══ TASK INPUT ══

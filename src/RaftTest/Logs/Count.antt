-- ===== src/RaftTest/Logs/Count.antt =====
-- What `nCommitted` counts.
use pluggable_sharded_fault.Base.{
  ℕ, zero, suc, ◌+◌, ◌≡◌, refl, false, Option, none, some, List, [], ◌∷◌, ℤ, lookup, arith,
  if◌then◌else◌, Outcome, ok, panic, fatal, get_elem?, All, if◌then◌else◌, Bool-cases,
  Outcome-cases, int_eq, Option-cases, inl, inr,
}
use mathlib.Core.Path.{subst, sym, ◌∙◌}
use pluggable_sharded_fault.RaftTest.Logs.{
  Command, command_eq, same_command_iff, ApplyMsg, Rfsrv, Test, rfsrv_logs, applier,
  n_committed_from, n_committed,
}
use pluggable_sharded_fault.RaftTest.Logs.Agree.{Agree, Calm, Sound, applier-Adds, Adds-Sound}
use pluggable_sharded_fault.RaftTest.Snapshots.{applier_snap}
use pluggable_sharded_fault.RaftTest.Snapshots.Adds.{applier_snap-Adds}

-- How many servers have an entry at the index.
unfoldable pub holders : ℤ → List Rfsrv → ℕ
holders index [] = 0
holders index (rs ∷ srvs) =
    let rest = holders index srvs in elim (lookup index rs.logs) [ none ↦ rest | some v ↦ suc rest ]

-- Every entry at the index is the command.
abbrev pub AllHold : ℤ → Command → List Rfsrv → Type 0
AllHold index cmd srvs =
    (i : ℕ) (rs : Rfsrv) (v : Command)
    → get_elem? srvs i ≡ some rs
    → lookup index rs.logs ≡ some v
    → v ≡ cmd

pub AllHold-cons :
    (index : ℤ) (cmd : Command) (rs : Rfsrv) (srvs : List Rfsrv)
    → ((v : Command) → lookup index rs.logs ≡ some v → v ≡ cmd)
    → AllHold index cmd srvs
    → AllHold index cmd (rs ∷ srvs)
AllHold-cons index cmd rs srvs head tail zero b v at found =
    let it : rs ≡ b = ground (arith, at) in
    head v (subst (λ r. lookup index r.logs ≡ some v) (sym it) found)
AllHold-cons index cmd rs srvs head tail (suc i) b v at found = tail i b v at found

-- Once an entry was counted, the others are the same.
count_rest :
    (index : ℤ) (count : ℕ) (cmd : Command) (srvs : List Rfsrv)
    → Calm srvs
    → AllHold index cmd srvs
    → n_committed_from index count cmd srvs ≡ ok (count + holders index srvs, cmd)
unfolding n_committed_from holders rfsrv_logs
count_rest index count cmd [] calm all = ground arith
count_rest index count cmd (rs ∷ srvs) calm all = elim (Option-cases (lookup index rs.logs)) [
  | inl e ↦ ground (
    arith,
    e,
    calm 0 rs refl,
    count_rest index count cmd srvs (λ i. calm (suc i)) (λ i. all (suc i)),
  )
  | inr (v, e) ↦
      let step : n_committed_from index count cmd (rs ∷ srvs)
          ≡ n_committed_from index (count + 1) cmd srvs =
        ground (arith, e, calm 0 rs refl, all 0 rs v refl e, same_command_iff cmd v) in
      let rest = count_rest index (count + 1) cmd srvs (λ i. calm (suc i)) (λ i. all (suc i)) in
      step ∙ rest ∙ ground (arith, e)
]

count_all :
    (index : ℤ) (srvs : List Rfsrv)
    → Calm srvs
    → Agree srvs
    → (cmd : Command) × (n_committed_from index 0 none srvs ≡ ok (holders index srvs, cmd))
      × AllHold index cmd srvs
unfolding n_committed_from holders rfsrv_logs
count_all index [] calm agree = (none, refl, λ i rs v at found. cc)
count_all index (rs ∷ srvs) calm agree = elim (Option-cases (lookup index rs.logs)) [
  | inl e ↦
      let (cmd, counted, all) =
        count_all index srvs (λ i. calm (suc i)) (λ i j. agree (suc i) (suc j)) in
      (
        cmd,
        ground (arith, e, calm 0 rs refl, counted),
        AllHold-cons index cmd rs srvs (λ v found. cc) all,
      )
  | inr (v, e) ↦
      let all : AllHold index v (rs ∷ srvs) =
        λ i b w at found. agree i 0 b rs index w v at refl found e in
      let rest = count_rest index 1 v srvs (λ i. calm (suc i)) (λ i. all (suc i)) in
      (v, ground (arith, e, calm 0 rs refl, rest), all)
]

-- The harness's messages, each to one server, in the order in which they are read
module _ (encode : ℤ → List Command → List ℕ) (decode : List ℕ → Option (ℤ × List Command)) where
  unfoldable pub deliver : ℕ → ApplyMsg → Test → Outcome Test
  deliver i m ts = if ts.snapshot then applier_snap encode decode i m ts else applier i m ts

  unfoldable pub deliver_all : List (ℕ × ApplyMsg) → Test → Outcome Test
  deliver_all [] ts = ok ts
  deliver_all ((i, m) ∷ ms) ts = elim (deliver i m ts) [
    | ok us ↦ deliver_all ms us
    | panic ↦ panic
    | _ ↦ fatal
  ]

  deliver-Sound :
      (i : ℕ) (m : ApplyMsg) (ts us : Test)
      → m.snapshot_valid ≡ false
      → Sound ts.srvs
      → deliver i m ts ≡ ok us
      → Sound us.srvs
  unfolding deliver
  deliver-Sound i m ts us plain sound h = elim (Bool-cases ts.snapshot) [
    | inl e ↦
        Adds-Sound i m ts us
          (applier_snap-Adds encode i m decode ts us plain (ground (arith, e, h))) sound
    | inr e ↦ Adds-Sound i m ts us (applier-Adds i m ts us (ground (arith, e, h))) sound
  ]

  deliver_all-Sound :
      (ms : List (ℕ × ApplyMsg)) (ts us : Test)
      → All (λ e. e.1.snapshot_valid ≡ false) ms
      → Sound ts.srvs
      → deliver_all ms ts ≡ ok us
      → Sound us.srvs
  unfolding deliver_all
  deliver_all-Sound [] ts us plain sound h = ground (arith, h)
  deliver_all-Sound ((i, m) ∷ ms) ts us plain sound h = elim (Outcome-cases (deliver i m ts)) [
    | inl (vs, e) ↦
        deliver_all-Sound ms vs us plain.1 (deliver-Sound i m ts vs plain.0 sound e)
          (ground (arith, e, h))
    | inr e ↦ absurd (ground (arith, e, h))
  ]

  -- After any messages with commands, to servers that started sound and whose copies the harness
  -- did not refuse, `nCommitted` never fails: it returns how many servers have an entry at the
  -- index, and the command that they all have. The copies still agree and have no gaps.
  pub n_committed_lem :
      (ms : List (ℕ × ApplyMsg)) (ts us : Test) (index : ℤ)
      → All (λ e. e.1.snapshot_valid ≡ false) ms
      → Sound ts.srvs
      → deliver_all ms ts ≡ ok us
      → Sound us.srvs
        × ((cmd : Command) × (n_committed index us ≡ ok (holders index us.srvs, cmd))
            × AllHold index cmd us.srvs)
  unfolding n_committed
  n_committed_lem ms ts us index plain sound h =
      let after = deliver_all-Sound ms ts us plain sound h in
      (after, count_all index us.srvs after.2 after.0)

═══

Your task is to reproduce each entry exactly.

filename src/RaftTest/Logs/Count.antt
-- ===== src/RaftTest/Logs/Count.antt =====
-- What `nCommitted` counts.
use pluggable_sharded_fault.Base.{
  ℕ, zero, suc, ◌+◌, ◌≡◌, refl, false, Option, none, some, List, [], ◌∷◌, ℤ, lookup, arith,
  if◌then◌else◌, Outcome, ok, panic, fatal, get_elem?, All, if◌then◌else◌, Bool-cases,
  Outcome-cases, int_eq, Option-cases, inl, inr,
}
use mathlib.Core.Path.{subst, sym, ◌∙◌}
use pluggable_sharded_fault.RaftTest.Logs.{
  Command, command_eq, same_command_iff, ApplyMsg, Rfsrv, Test, rfsrv_logs, applier,
  n_committed_from, n_committed,
}
use pluggable_sharded_fault.RaftTest.Logs.Agree.{Agree, Calm, Sound, applier-Adds, Adds-Sound}
use pluggable_sharded_fault.RaftTest.Snapshots.{applier_snap}
use pluggable_sharded_fault.RaftTest.Snapshots.Adds.{applier_snap-Adds}

-- How many servers have an entry at the index.
unfoldable pub holders : ℤ → List Rfsrv → ℕ
holders index [] = 0
holders index (rs ∷ srvs) =
    let rest = holders index srvs in elim (lookup index rs.logs) [ none ↦ rest | some v ↦ suc rest ]

-- Every entry at the index is the command.
abbrev pub AllHold : ℤ → Command → List Rfsrv → Type 0
AllHold index cmd srvs =
    (i : ℕ) (rs : Rfsrv) (v : Command)
    → get_elem? srvs i ≡ some rs
    → lookup index rs.logs ≡ some v
    → v ≡ cmd

pub AllHold-cons :
    (index : ℤ) (cmd : Command) (rs : Rfsrv) (srvs : List Rfsrv)
    → ((v : Command) → lookup index rs.logs ≡ some v → v ≡ cmd)
    → AllHold index cmd srvs
    → AllHold index cmd (rs ∷ srvs)
AllHold-cons index cmd rs srvs head tail zero b v at found =
    let it : rs ≡ b = ground (arith, at) in
    head v (subst (λ r. lookup index r.logs ≡ some v) (sym it) found)
AllHold-cons index cmd rs srvs head tail (suc i) b v at found = tail i b v at found

-- Once an entry was counted, the others are the same.
count_rest :
    (index : ℤ) (count : ℕ) (cmd : Command) (srvs : List Rfsrv)
    → Calm srvs
    → AllHold index cmd srvs
    → n_committed_from index count cmd srvs ≡ ok (count + holders index srvs, cmd)
unfolding n_committed_from holders rfsrv_logs
count_rest index count cmd [] calm all = ground arith
count_rest index count cmd (rs ∷ srvs) calm all = elim (Option-cases (lookup index rs.logs)) [
  | inl e ↦ ground (
    arith,
    e,
    calm 0 rs refl,
    count_rest index count cmd srvs (λ i. calm (suc i)) (λ i. all (suc i)),
  )
  | inr (v, e) ↦
      let step : n_committed_from index count cmd (rs ∷ srvs)
          ≡ n_committed_from index (count + 1) cmd srvs =
        ground (arith, e, calm 0 rs refl, all 0 rs v refl e, same_command_iff cmd v) in
      let rest = count_rest index (count + 1) cmd srvs (λ i. calm (suc i)) (λ i. all (suc i)) in
      step ∙ rest ∙ ground (arith, e)
]

count_all :
    (index : ℤ) (srvs : List Rfsrv)
    → Calm srvs
    → Agree srvs
    → (cmd : Command) × (n_committed_from index 0 none srvs ≡ ok (holders index srvs, cmd))
      × AllHold index cmd srvs
unfolding n_committed_from holders rfsrv_logs
count_all index [] calm agree = (none, refl, λ i rs v at found. cc)
count_all index (rs ∷ srvs) calm agree = elim (Option-cases (lookup index rs.logs)) [
  | inl e ↦
      let (cmd, counted, all) =
        count_all index srvs (λ i. calm (suc i)) (λ i j. agree (suc i) (suc j)) in
      (
        cmd,
        ground (arith, e, calm 0 rs refl, counted),
        AllHold-cons index cmd rs srvs (λ v found. cc) all,
      )
  | inr (v, e) ↦
      let all : AllHold index v (rs ∷ srvs) =
        λ i b w at found. agree i 0 b rs index w v at refl found e in
      let rest = count_rest index 1 v srvs (λ i. calm (suc i)) (λ i. all (suc i)) in
      (v, ground (arith, e, calm 0 rs refl, rest), all)
]

-- The harness's messages, each to one server, in the order in which they are read
module _ (encode : ℤ → List Command → List ℕ) (decode : List ℕ → Option (ℤ × List Command)) where
  unfoldable pub deliver : ℕ → ApplyMsg → Test → Outcome Test
  deliver i m ts = if ts.snapshot then applier_snap encode decode i m ts else applier i m ts

  unfoldable pub deliver_all : List (ℕ × ApplyMsg) → Test → Outcome Test
  deliver_all [] ts = ok ts
  deliver_all ((i, m) ∷ ms) ts = elim (deliver i m ts) [
    | ok us ↦ deliver_all ms us
    | panic ↦ panic
    | _ ↦ fatal
  ]

  deliver-Sound :
      (i : ℕ) (m : ApplyMsg) (ts us : Test)
      → m.snapshot_valid ≡ false
      → Sound ts.srvs
      → deliver i m ts ≡ ok us
      → Sound us.srvs
  unfolding deliver
  deliver-Sound i m ts us plain sound h = elim (Bool-cases ts.snapshot) [
    | inl e ↦
        Adds-Sound i m ts us
          (applier_snap-Adds encode i m decode ts us plain (ground (arith, e, h))) sound
    | inr e ↦ Adds-Sound i m ts us (applier-Adds i m ts us (ground (arith, e, h))) sound
  ]

  deliver_all-Sound :
      (ms : List (ℕ × ApplyMsg)) (ts us : Test)
      → All (λ e. e.1.snapshot_valid ≡ false) ms
      → Sound ts.srvs
      → deliver_all ms ts ≡ ok us
      → Sound us.srvs
  unfolding deliver_all
  deliver_all-Sound [] ts us plain sound h = ground (arith, h)
  deliver_all-Sound ((i, m) ∷ ms) ts us plain sound h = elim (Outcome-cases (deliver i m ts)) [
    | inl (vs, e) ↦
        deliver_all-Sound ms vs us plain.1 (deliver-Sound i m ts vs plain.0 sound e)
          (ground (arith, e, h))
    | inr e ↦ absurd (ground (arith, e, h))
  ]

  -- After any messages with commands, to servers that started sound and whose copies the harness
  -- did not refuse, `nCommitted` never fails: it returns how many servers have an entry at the
  -- index, and the command that they all have. The copies still agree and have no gaps.
  pub n_committed_lem :
      (ms : List (ℕ × ApplyMsg)) (ts us : Test) (index : ℤ)
      → All (λ e. e.1.snapshot_valid ≡ false) ms
      → Sound ts.srvs
      → deliver_all ms ts ≡ ok us
      → Sound us.srvs
        × ((cmd : Command) × (n_committed index us ≡ ok (holders index us.srvs, cmd))
            × AllHold index cmd us.srvs)
  unfolding n_committed
  n_committed_lem ms ts us index plain sound h =
      let after = deliver_all-Sound ms ts us plain sound h in
      (after, count_all index us.srvs after.2 after.0)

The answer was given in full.